Karen steadfastly avoided his mood and tried a lighter tack, "We'll get even with her. I don't know about you, but I am feeling rather determined, actually. I made a complete fool of myself when I met with you last, and I blame her." She was blathering on now, she knew. But he had smiled encouragingly, so she found she couldn't stop. "I was rather hoping to see you again to plot our revenge." She forced herself to take a sip of her coffee and slow down. "I feel guilty now, though. I didn't mean for the fates to deliver you here like this," she said indicating the wet state of him.
He ducked his head a second, reconsidering the anger he'd felt at the way Laura had handled his appearance. It didn't seem to matter any more really.
"You've been a big help tonight. I really appreciate it," Lewis told her as he looked back up at her. He took some solace in hiding behind his coffee then, as well.
"You look like it's been a rough night," she ventured softly.
"Fairly horrid, yes." Normally he would have stopped there. But something about this woman, about her open expression, and the easy way she listened, compelled him to offer up more. "Frankly, I'm beat. It took forever to get the body extracted from where we found it and get it here." He dragged a hand through his wet hair. "The crime scene is nothing short of a marsh. At the bottom of a ruddy hill. And I have to worry that the same person is responsible for two murders now... and that I don't know who it is."
"You'll figure it out. I hear you are an awfully smart man," she said with a gentle smile.
"Mother, lab manager, and cheer leader, all in one?" he taunted as he drained his coffee.
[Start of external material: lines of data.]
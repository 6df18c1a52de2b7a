-- ===== src/Cluster.antt =====
-- What the processes in the cluster find outside themselves: the Kubernetes API server with the
-- controllers behind it, the HTTP services, the clock and the random source. Each answer is a
-- function of the calls made before, newest first, so any behaviour over time is an instance.
use cloud_agent.Common.{ℕ, ℤ, String, Bool, Option, List, Result}
use cloud_agent.Api.{Unstructured}
use cloud_agent.Api.Wire.{Json}

-- `k8serrors.IsNotFound` tells the first kind from the rest.
pub data ApiError : Type 0 where
  not_found : String → ApiError
  failure : String → ApiError

-- `err.Error()`
abbrev pub message : ApiError → String
message (not_found s) = s
message (failure s) = s

-- Of `corev1.Pod`: the phase, each container's exit code if it has terminated, and the address.
pub record Pod : Type 0 where
  pub name : String
  pub phase : String
  pub container_statuses : List (Option ℤ)
  pub pod_ip : String

-- Of a `Sandbox` resource: its conditions (type and status), the pods' addresses, annotations.
pub record SandboxObject : Type 0 where
  pub name : String
  pub annotations : List (String × String)
  pub conditions : List (String × String)
  pub pod_ips : List String

-- `corev1.Event`, without its times.
pub record Event : Type 0 where
  pub generate_name : String
  pub namespace : String
  pub involved_name : String
  pub involved_uid : String
  pub reason : String
  pub message : String
  pub event_type : String

-- `credentials` are those of `SetBasicAuth`.
pub record HttpRequest : Type 0 where
  pub method : String
  pub url : String
  pub headers : List (String × String)
  pub credentials : Option (String × String)
  pub body : Option Json

-- `document` is what the JSON decoder makes of the body.
pub record HttpResponse : Type 0 where
  pub status : ℕ
  pub body : String
  pub document : Result String Json

-- `exec.Command`, with its directory ("" where none is set).
pub record Command : Type 0 where
  pub program : String
  pub arguments : List String
  pub directory : String

-- A client of GitHub's API: its token and its base URL.
pub record GitHubAccess : Type 0 where
  pub token : String
  pub base_url : String

-- `github.NewPullRequest`; the field that lets maintainers modify it is always set.
pub record NewPullRequest : Type 0 where
  pub title : String
  pub head : String
  pub base : String
  pub body : String

-- The first argument of a call is the namespace. `activate` and `deactivate` are the writes of the
-- orchestrator's `activeTasks`, `launch` is its `go` statement, `sleep` counts nanoseconds. The
-- watches name their resource first. The last
-- five are calls of the sandbox server's runner.
pub data Call : Type 0 where
  get_task delete_task : String → String → Call
  list_tasks : String → Call
  update_status update : String → Unstructured → Call
  get_pod : String → String → Call
  create_event : Event → Call
  create_claim get_claim delete_claim get_sandbox : String → String → Call
  send : HttpRequest → Call
  activate deactivate launch : String → Call
  sleep : ℕ → Call
  open_watch close_watch : String → String → Call
  make_dir read_file : String → Call
  exec : Command → Call
  get_repository : GitHubAccess → String → String → Call
  create_pull : GitHubAccess → String → String → NewPullRequest → Call

pub record Cluster : Type 0 where
  pub get_task : List Call → String → String → Result ApiError Unstructured
  pub list_tasks : List Call → String → Result ApiError (List Unstructured)
  pub update_status : List Call → String → Unstructured → Result ApiError Unstructured
  pub update : List Call → String → Unstructured → Result ApiError Unstructured
  pub delete_task : List Call → String → String → Result ApiError (Unit {0})
  pub get_pod : List Call → String → String → Result ApiError Pod
  pub create_event : List Call → Event → Result ApiError (Unit {0})
  -- the name that the server generates for the claim
  pub create_claim : List Call → String → String → Result ApiError String
  -- `Status.SandboxStatus.Name` of the claim
  pub get_claim : List Call → String → String → Result ApiError String
  pub delete_claim : List Call → String → String → Result ApiError (Unit {0})
  pub get_sandbox : List Call → String → String → Result ApiError SandboxObject
  -- `http.NewRequest` refuses a URL that does not parse
  pub parse_url : String → Result String (Unit {0})
  pub send : List Call → HttpRequest → Result String HttpResponse
  -- whether a `select` finds the context done
  pub done : List Call → Bool
  -- `Watch`, of a resource in a namespace
  pub open_watch : List Call → String → String → Result String (Unit {0})
  -- `rand.Int63n(n)`
  pub random_below : List Call → ℕ → ℕ
  pub getenv : String → String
"And partner in revenge, don't forget." She wondered what to do next... how to actually connect with him beyond these bland, superficial pleasantries. And she wondered where this compulsion to get to know this man suddenly came from. "You can call me, if plotting against Laura would make for a good distraction," she heard herself say. She reached into her scrubs and fumbled with a small notebook. Her nerves were making things difficult suddenly. She wrote out her number for him as neatly as her traitorous hands would allow. "This is not a pick up line. And this isn't an assignment from Laura. I swear. Because I'm gonna tell her to pack in all that advice. I think I'll tell her you broke my heart already. That should throw her." She put the number down on top of the report cover.
He was speechless suddenly. It wasn't that no woman had approached him since Val had died. It was that this did not seem at all like the empty sort of attention the other women had offered up in the hopes of a bit of company.
He wondered what it meant, and he decided to test it. He stood and shook out his coat before putting it on. He tried to make his words sound casual then. "Your phone must be ringing off the hook if you give every sour policeman you meet your number with the offer of talking."
She shrugged a tad uncomfortably. "I don't give it out, really," she said standing now, too.
He nodded in reply, and they both backed away to head in their separate directions.
/ / / / / / /
Once outside, Lewis pulled open the car door and slid in next to Hathaway. He shook the rain off the report cover and then pulled Karen's number out from under his thumb. He carefully tucked it inside his wallet.
"Something you don't want to lose, sir?" the detective sergeant asked as he nodded toward where the older man had stashed the note.
"A lovely woman just gave me her phone number. Perhaps going about wet and looking like hell had to pay off at some point. Some maternal instinct gets triggered."
"An older woman then, sir?"
"No, younger. Well, than me. And lovely."
"You've said 'lovely' twice now," his sergeant reminded him, a tad cheekily.
"Just drive the car, man," Lewis complained.
Hathaway considered the faraway look on his boss' face and then finally put the car into drive. The younger man shook his head. "You managed a telephone number on your way to a morgue? In the middle of the night? It doesn't seem... well, fair."
"What has fair ever had to do with women? Just because you have no luck ..." Robbie said, trying to rise to the conversation. He did his best then to look smug, but he felt more confused than anything else. He pointed at the wind screen. "Back to the station, Sergeant."